EXERCISE
The complete set of records should be given again verbatim.

——————

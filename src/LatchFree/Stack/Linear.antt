-- ===== src/LatchFree/Stack/Linear.antt =====
-- The exchanges of src/latch-free/stack.cpp happen as on a stack.
use cpp_wtfsc.Base.{
  ℕ, zero, suc, ◌≡◌, refl, ap, List, [], ◌∷◌, ◌++◌, Option, none, some, length, get_elem?, arith,
}
use cpp_wtfsc.Base.Arrays.{get_elem?-append_middle}
use cpp_wtfsc.LatchFree.Stack.{
  Node, Event, pushed, popped, Stack, Step, push_load, push_exchange, push_again, pop_load,
  pop_exchange, pop_again, pop_nothing, Reach, begin, step,
}

module _ {A : Type 0} where
  -- The list of values from an address on.
  abbrev pub Chain : List (Node A) → Option ℕ → List A → Type 0
  Chain nodes head [] = head ≡ none
  Chain nodes head (x ∷ xs) =
      (a : ℕ) × (next : Option ℕ) × (head ≡ some a)
      × (get_elem? nodes a ≡ some (record { value = x; next = next }))
      × Chain nodes next xs

  grown :
      (nodes : List (Node A)) (a : ℕ) (node more : Node A)
      → get_elem? nodes a ≡ some node
      → get_elem? (nodes ++ more ∷ []) a ≡ some node
  grown [] a node more e = absurd (ground (arith, e))
  grown (n ∷ nodes) zero node more e = e
  grown (n ∷ nodes) (suc a) node more e = grown nodes a node more e

  Chain-grown :
      (nodes : List (Node A)) (head : Option ℕ) (xs : List A) (more : Node A)
      → Chain nodes head xs
      → Chain (nodes ++ more ∷ []) head xs
  Chain-grown nodes head [] more e = e
  Chain-grown nodes head (x ∷ xs) more (a, next, e, f, rest) =
      (a, next, e, grown nodes a _ more f, Chain-grown nodes next xs more rest)

  -- The stack after some operations, newest first; a pop must answer with the top.
  pub data Runs : List (Event A) → List A → Type 0 where
    nothing_yet : Runs [] []
    after_push :
        {log : List (Event A)} {xs : List A} (x : A) → Runs log xs → Runs (pushed x ∷ log) (x ∷ xs)
    after_pop :
        {log : List (Event A)} {xs : List A} (x : A) → Runs log (x ∷ xs) → Runs (popped x ∷ log) xs

  -- The values in the stack.
  pub record Holds (s : Stack A) : Type 0 where
    pub xs : List A
    pub chain : Chain s.nodes s.head xs
    pub runs : Runs s.log xs

  pops :
      (s : Stack A) (a : ℕ) (node : Node A) (xs : List A)
      → s.head ≡ some a
      → get_elem? s.nodes a ≡ some node
      → Chain s.nodes s.head xs
      → Runs s.log xs
      → (ys : List A) × Chain s.nodes node.next ys × Runs (popped node.value ∷ s.log) ys
  pops s a node [] h e chain runs = absurd (ground (arith, h, chain))
  pops s a node (x ∷ xs) h e (b, next, k, f, rest) runs =
      let same : a ≡ b = ground (arith, h, k) in
      let found : get_elem? s.nodes b ≡ some node = rw same at e in
      let is_node : record { value = x; next = next } ≡ node = ground (arith, f, found) in
      (
        xs,
        rw (ap (λ (n : Node A). n.next) is_node) at rest,
        rw (ap (λ (n : Node A). n.value) is_node) at (after_pop x runs),
      )

  keeps : {s t : Stack A} → Holds s → Step s t → Holds t
  keeps v (push_load i x e) = record { xs = v.xs; chain = v.chain; runs = v.runs }
  keeps {s} v (push_exchange i {x} {next} e h) =
      let node : Node A = record { value = x; next = next } in
      record {
        xs = x ∷ v.xs;
        chain = (
          length s.nodes,
          next,
          refl,
          get_elem?-append_middle s.nodes node [],
          Chain-grown s.nodes next v.xs node (rw h at v.chain),
        );
        runs = after_push x v.runs;
      }
  keeps v (push_again i e) = record { xs = v.xs; chain = v.chain; runs = v.runs }
  keeps v (pop_load i e) = record { xs = v.xs; chain = v.chain; runs = v.runs }
  keeps {s} v (pop_exchange i {a} {node} e h f) =
      let (ys, chain, runs) = pops s a node v.xs h f v.chain v.runs in
      record { xs = ys; chain = chain; runs = runs }
  keeps v (pop_again i e) = record { xs = v.xs; chain = v.chain; runs = v.runs }
  keeps v (pop_nothing i e) = record { xs = v.xs; chain = v.chain; runs = v.runs }

  -- If `head`, which the code does not initialize, happens to start as a null pointer, then in every
  -- state that any threads reach together the exchanges that succeeded are a run of a stack,
  -- each pop answering with the top, and the nodes from `head` on hold what that run leaves.
  pub stack_linear :
      (garbage : Option ℕ) (s : Stack A)
      → garbage ≡ none
      → Reach garbage s
      → (xs : List A) × Chain s.nodes s.head xs × Runs s.log xs
  stack_linear garbage s null r = let v = holds r in (v.xs, v.chain, v.runs)
    where
      holds : {s : Stack A} → Reach garbage s → Holds s
      holds begin = record { xs = []; chain = null; runs = nothing_yet }
      holds (step r e) = keeps (holds r) e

——————

OUTPUT OF THE TASK
filename src/LatchFree/Stack/Linear.antt
-- ===== src/LatchFree/Stack/Linear.antt =====
-- The exchanges of src/latch-free/stack.cpp happen as on a stack.
use cpp_wtfsc.Base.{
  ℕ, zero, suc, ◌≡◌, refl, ap, List, [], ◌∷◌, ◌++◌, Option, none, some, length, get_elem?, arith,
}
use cpp_wtfsc.Base.Arrays.{get_elem?-append_middle}
use cpp_wtfsc.LatchFree.Stack.{
  Node, Event, pushed, popped, Stack, Step, push_load, push_exchange, push_again, pop_load,
  pop_exchange, pop_again, pop_nothing, Reach, begin, step,
}

module _ {A : Type 0} where
  -- The list of values from an address on.
  abbrev pub Chain : List (Node A) → Option ℕ → List A → Type 0
  Chain nodes head [] = head ≡ none
  Chain nodes head (x ∷ xs) =
      (a : ℕ) × (next : Option ℕ) × (head ≡ some a)
      × (get_elem? nodes a ≡ some (record { value = x; next = next }))
      × Chain nodes next xs

  grown :
      (nodes : List (Node A)) (a : ℕ) (node more : Node A)
      → get_elem? nodes a ≡ some node
      → get_elem? (nodes ++ more ∷ []) a ≡ some node
  grown [] a node more e = absurd (ground (arith, e))
  grown (n ∷ nodes) zero node more e = e
  grown (n ∷ nodes) (suc a) node more e = grown nodes a node more e

  Chain-grown :
      (nodes : List (Node A)) (head : Option ℕ) (xs : List A) (more : Node A)
      → Chain nodes head xs
      → Chain (nodes ++ more ∷ []) head xs
  Chain-grown nodes head [] more e = e
  Chain-grown nodes head (x ∷ xs) more (a, next, e, f, rest) =
      (a, next, e, grown nodes a _ more f, Chain-grown nodes next xs more rest)

  -- The stack after some operations, newest first; a pop must answer with the top.
  pub data Runs : List (Event A) → List A → Type 0 where
    nothing_yet : Runs [] []
    after_push :
        {log : List (Event A)} {xs : List A} (x : A) → Runs log xs → Runs (pushed x ∷ log) (x ∷ xs)
    after_pop :
        {log : List (Event A)} {xs : List A} (x : A) → Runs log (x ∷ xs) → Runs (popped x ∷ log) xs

  -- The values in the stack.
  pub record Holds (s : Stack A) : Type 0 where
    pub xs : List A
    pub chain : Chain s.nodes s.head xs
    pub runs : Runs s.log xs

  pops :
      (s : Stack A) (a : ℕ) (node : Node A) (xs : List A)
      → s.head ≡ some a
      → get_elem? s.nodes a ≡ some node
      → Chain s.nodes s.head xs
      → Runs s.log xs
      → (ys : List A) × Chain s.nodes node.next ys × Runs (popped node.value ∷ s.log) ys
  pops s a node [] h e chain runs = absurd (ground (arith, h, chain))
  pops s a node (x ∷ xs) h e (b, next, k, f, rest) runs =
      let same : a ≡ b = ground (arith, h, k) in
      let found : get_elem? s.nodes b ≡ some node = rw same at e in
      let is_node : record { value = x; next = next } ≡ node = ground (arith, f, found) in
      (
        xs,
        rw (ap (λ (n : Node A). n.next) is_node) at rest,
        rw (ap (λ (n : Node A). n.value) is_node) at (after_pop x runs),
      )

  keeps : {s t : Stack A} → Holds s → Step s t → Holds t
  keeps v (push_load i x e) = record { xs = v.xs; chain = v.chain; runs = v.runs }
  keeps {s} v (push_exchange i {x} {next} e h) =
      let node : Node A = record { value = x; next = next } in
      record {
        xs = x ∷ v.xs;
        chain = (
          length s.nodes,
          next,
          refl,
          get_elem?-append_middle s.nodes node [],
          Chain-grown s.nodes next v.xs node (rw h at v.chain),
        );
        runs = after_push x v.runs;
      }
  keeps v (push_again i e) = record { xs = v.xs; chain = v.chain; runs = v.runs }
  keeps v (pop_load i e) = record { xs = v.xs; chain = v.chain; runs = v.runs }
  keeps {s} v (pop_exchange i {a} {node} e h f) =
      let (ys, chain, runs) = pops s a node v.xs h f v.chain v.runs in
      record { xs = ys; chain = chain; runs = runs }
  keeps v (pop_again i e) = record { xs = v.xs; chain = v.chain; runs = v.runs }
  keeps v (pop_nothing i e) = record { xs = v.xs; chain = v.chain; runs = v.runs }

  -- If `head`, which the code does not initialize, happens to start as a null pointer, then in every
  -- state that any threads reach together the exchanges that succeeded are a run of a stack,
  -- each pop answering with the top, and the nodes from `head` on hold what that run leaves.
  pub stack_linear :
      (garbage : Option ℕ) (s : Stack A)
      → garbage ≡ none
      → Reach garbage s
      → (xs : List A) × Chain s.nodes s.head xs × Runs s.log xs
  stack_linear garbage s null r = let v = holds r in (v.xs, v.chain, v.runs)
    where
      holds : {s : Stack A} → Reach garbage s → Holds s
      holds begin = record { xs = []; chain = null; runs = nothing_yet }
      holds (step r e) = keeps (holds r) e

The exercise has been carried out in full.